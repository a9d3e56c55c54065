-- ===== src/Session.antt =====
-- session.py: the owner of the client, the registry of breakpoints and the memory backends.
pub mod Registry
pub mod WellFormed
pub mod Disconnect
pub mod Health
pub mod Proper
pub mod Ends
use dolphin_re_mcp.Prelude.{
  ℕ, ◌+◌, ◌≤◌, Bool, true, false, not, Option, none, some, List, [], ◌∷◌, ◌==◌, if◌then◌else◌,
}
use dolphin_re_mcp.Prelude.Int.{ℤ}
use dolphin_re_mcp.Prelude.Dict.{Dict, lookup, insert, erase}
use dolphin_re_mcp.Prelude.Text.{Text, Bytes}
use dolphin_re_mcp.Errors.{
  Error, Result, ok, err, connection_lost, is_attach_error, out_of_fuel, is_socket_error,
}
use dolphin_re_mcp.Exec.{Exec, pure, raise, lift, modify, catch, ◌>>=◌, ◌>>◌}
use dolphin_re_mcp.Gdb.Stub.{Stub, connect, close}
use dolphin_re_mcp.Gdb.Commands.{why_halted, detach}
use dolphin_re_mcp.Gdb.Execution.{continue_async}
use dolphin_re_mcp.Memory.Attach.{
  AttachBackend, Host, find_dolphin, close_handle, attach_read, attach_write, gdb_mem_read,
  gdb_mem_write,
}

pub data SessionState : Type 0 where
  disconnected connected_paused connected_running error : SessionState

-- The strings of `BreakpointSpec.kind`.
pub data Kind : Type 0 where
  sw_bp hw_bp write_wp read_wp access_wp : Kind

-- An entry of a capture log. A floating-point register keeps its eight bytes.
pub record Capture : Type 0 where
  pub ts : ℕ
  pub pc : Option ℤ
  pub sp : Option ℤ
  pub signal : Option ℤ
  pub watch_addr : Option ℤ
  pub gprs : Option (Dict Text ℕ)
  pub lr : Option ℕ
  pub fprs : Option (Dict Text Bytes)

pub record BreakpointSpec : Type 0 where
  pub bp_id : ℕ
  pub addr : ℤ
  pub kind : Kind
  pub size : ℤ
  pub condition : Option Text
  pub captures : List Text
  pub auto_continue : Bool
  pub log : List Capture

pub record Session : Type 0 where
  pub stub : Stub
  pub state : SessionState
  pub attach_backend : Option AttachBackend
  pub breakpoints : Dict ℕ BreakpointSpec
  pub next_id : ℕ
  -- `self.watcher`: none, or whether the thread is alive.
  pub watcher : Option Bool

-- `DOLPHIN_NO_AUTO_RESUME`, and the operating system.
pub record Environment : Type 0 where
  pub no_auto_resume : Bool
  pub host : Host

-- `Session()`, over a client that is given.
unfoldable pub new_session : Stub → Session
new_session stub = record {
  stub = stub;
  state = disconnected;
  attach_backend = none;
  breakpoints = [];
  next_id = 1;
  watcher = none;
}

-- A call of the client.
abbrev pub on_stub : {A : Type 0} → Exec Stub A → Exec Session A
on_stub m s = let r = m s.stub in (r.0, record s { stub = r.1 })

abbrev pub with_state : SessionState → Session → Session
with_state state s = record s { state = state }

-- `except Exception`; the model's own error is none.
abbrev pub is_exception : Error → Bool
is_exception out_of_fuel = false
is_exception _ = true

-- Connection lifecycle

abbrev pub when_paused : SessionState → SessionState
when_paused connected_paused = connected_running
when_paused state = state

abbrev pub when_running : SessionState → SessionState
when_running connected_running = connected_paused
when_running state = state

unfoldable pub mark_running : Session → Session
mark_running s = with_state (when_paused s.state) s

unfoldable pub mark_paused : Session → Session
mark_paused s = with_state (when_running s.state) s

abbrev pub attached : Result AttachBackend → Exec Session Unit
attached (ok b) s = (ok tt, record s { attach_backend = some b })
attached (err e) s =
    if is_attach_error e then (ok tt, record s { attach_backend = none }) else (err e, s)

-- `_try_attach()`
unfoldable pub try_attach : Host → Exec Session Unit
try_attach host s = if host.is_windows then attached (find_dolphin host) s else (ok tt, s)

-- `connect` and `why_halted`, in the first `try`.
unfoldable pub reach : Exec Session Unit
reach =
    catch (do on_stub connect; on_stub why_halted; modify (with_state connected_paused))
      is_socket_error (modify (with_state disconnected) >> raise connection_lost)

unfoldable pub auto_resume : Exec Session Unit
auto_resume =
    catch (on_stub continue_async >> modify (with_state connected_running)) is_exception (pure tt)

abbrev pub auto_resume_unless : Bool → Exec Session Unit
auto_resume_unless true = pure tt
auto_resume_unless false = auto_resume

unfoldable pub make_connection : Environment → Exec Session Unit
make_connection env = do reach; try_attach env.host; auto_resume_unless env.no_auto_resume

abbrev pub connected_in : SessionState → Exec Session Unit → Exec Session Unit
connected_in connected_paused m = pure tt
connected_in connected_running m = pure tt
connected_in _ m = m

-- `ensure_connected()`
unfoldable pub ensure_connected : Environment → Exec Session Unit
ensure_connected env s = connected_in s.state (make_connection env) s

abbrev pub hang_up : Bool → Option ℕ → Exec Stub Unit
hang_up send_detach none = pure tt
hang_up send_detach (some _) = if send_detach then detach else modify close

abbrev pub forget : Session → Session
forget s = record s { state = disconnected; breakpoints = [] }

-- The backend, if there is one, is closed and dropped.
abbrev pub detach_memory : Session → Session
detach_memory s = record s { attach_backend = none }

-- `disconnect(send_detach)`
unfoldable pub disconnect : Bool → Exec Session Unit
disconnect send_detach = do
  modify detach_memory
  (λ s. on_stub (hang_up send_detach s.stub.sock) s)
  modify forget

unfoldable pub on_connection_lost : Exec Session Unit
on_connection_lost = disconnect false

-- Memory backend selection

abbrev pub read_backend : Host → Option AttachBackend → ℤ → ℤ → Exec Session Bytes
read_backend host none addr size = on_stub (gdb_mem_read addr size)
read_backend host (some b) addr size =
    if b.handle then lift (attach_read host b addr size) else on_stub (gdb_mem_read addr size)

-- `session.mem.read(addr, size)`
unfoldable pub mem_read : Host → ℤ → ℤ → Exec Session Bytes
mem_read host addr size s = read_backend host s.attach_backend addr size s

abbrev pub write_backend : Host → Option AttachBackend → ℤ → Bytes → Exec Session Unit
write_backend host none addr bytes = on_stub (gdb_mem_write addr bytes)
write_backend host (some b) addr bytes =
    if b.handle then lift (attach_write host b addr bytes) else on_stub (gdb_mem_write addr bytes)

-- `session.mem.write(addr, data)`
unfoldable pub mem_write : Host → ℤ → Bytes → Exec Session Unit
mem_write host addr bytes s = write_backend host s.attach_backend addr bytes s

-- Breakpoint registry

unfoldable pub alloc_bp_id : Exec Session ℕ
alloc_bp_id s = (ok s.next_id, record s { next_id = s.next_id + 1 })

unfoldable pub register_bp : BreakpointSpec → Session → Session
register_bp spec s = record s { breakpoints = insert ◌==◌ spec.bp_id spec s.breakpoints }

unfoldable pub unregister_bp : ℕ → Exec Session (Option BreakpointSpec)
unregister_bp bp_id s = (
  ok (lookup ◌==◌ bp_id s.breakpoints),
  record s { breakpoints = erase ◌==◌ bp_id s.breakpoints },
)

-- `self.watcher is not None and self.watcher.is_alive()`
abbrev pub is_watching : Option Bool → Bool
is_watching (some alive) = alive
is_watching none = false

---

[TASK DETAILS] Retype only this portion of the data above: the line containing "if b.handle then lift (attach_read", the line containing "unfoldable pub mem_write", and all lines between them, exactly.

[COMPLETED EXERCISE]
    if b.handle then lift (attach_read host b addr size) else on_stub (gdb_mem_read addr size)

-- `session.mem.read(addr, size)`
unfoldable pub mem_read : Host → ℤ → ℤ → Exec Session Bytes
mem_read host addr size s = read_backend host s.attach_backend addr size s

abbrev pub write_backend : Host → Option AttachBackend → ℤ → Bytes → Exec Session Unit
write_backend host none addr bytes = on_stub (gdb_mem_write addr bytes)
write_backend host (some b) addr bytes =
    if b.handle then lift (attach_write host b addr bytes) else on_stub (gdb_mem_write addr bytes)

-- `session.mem.write(addr, data)`
unfoldable pub mem_write : Host → ℤ → Bytes → Exec Session Unit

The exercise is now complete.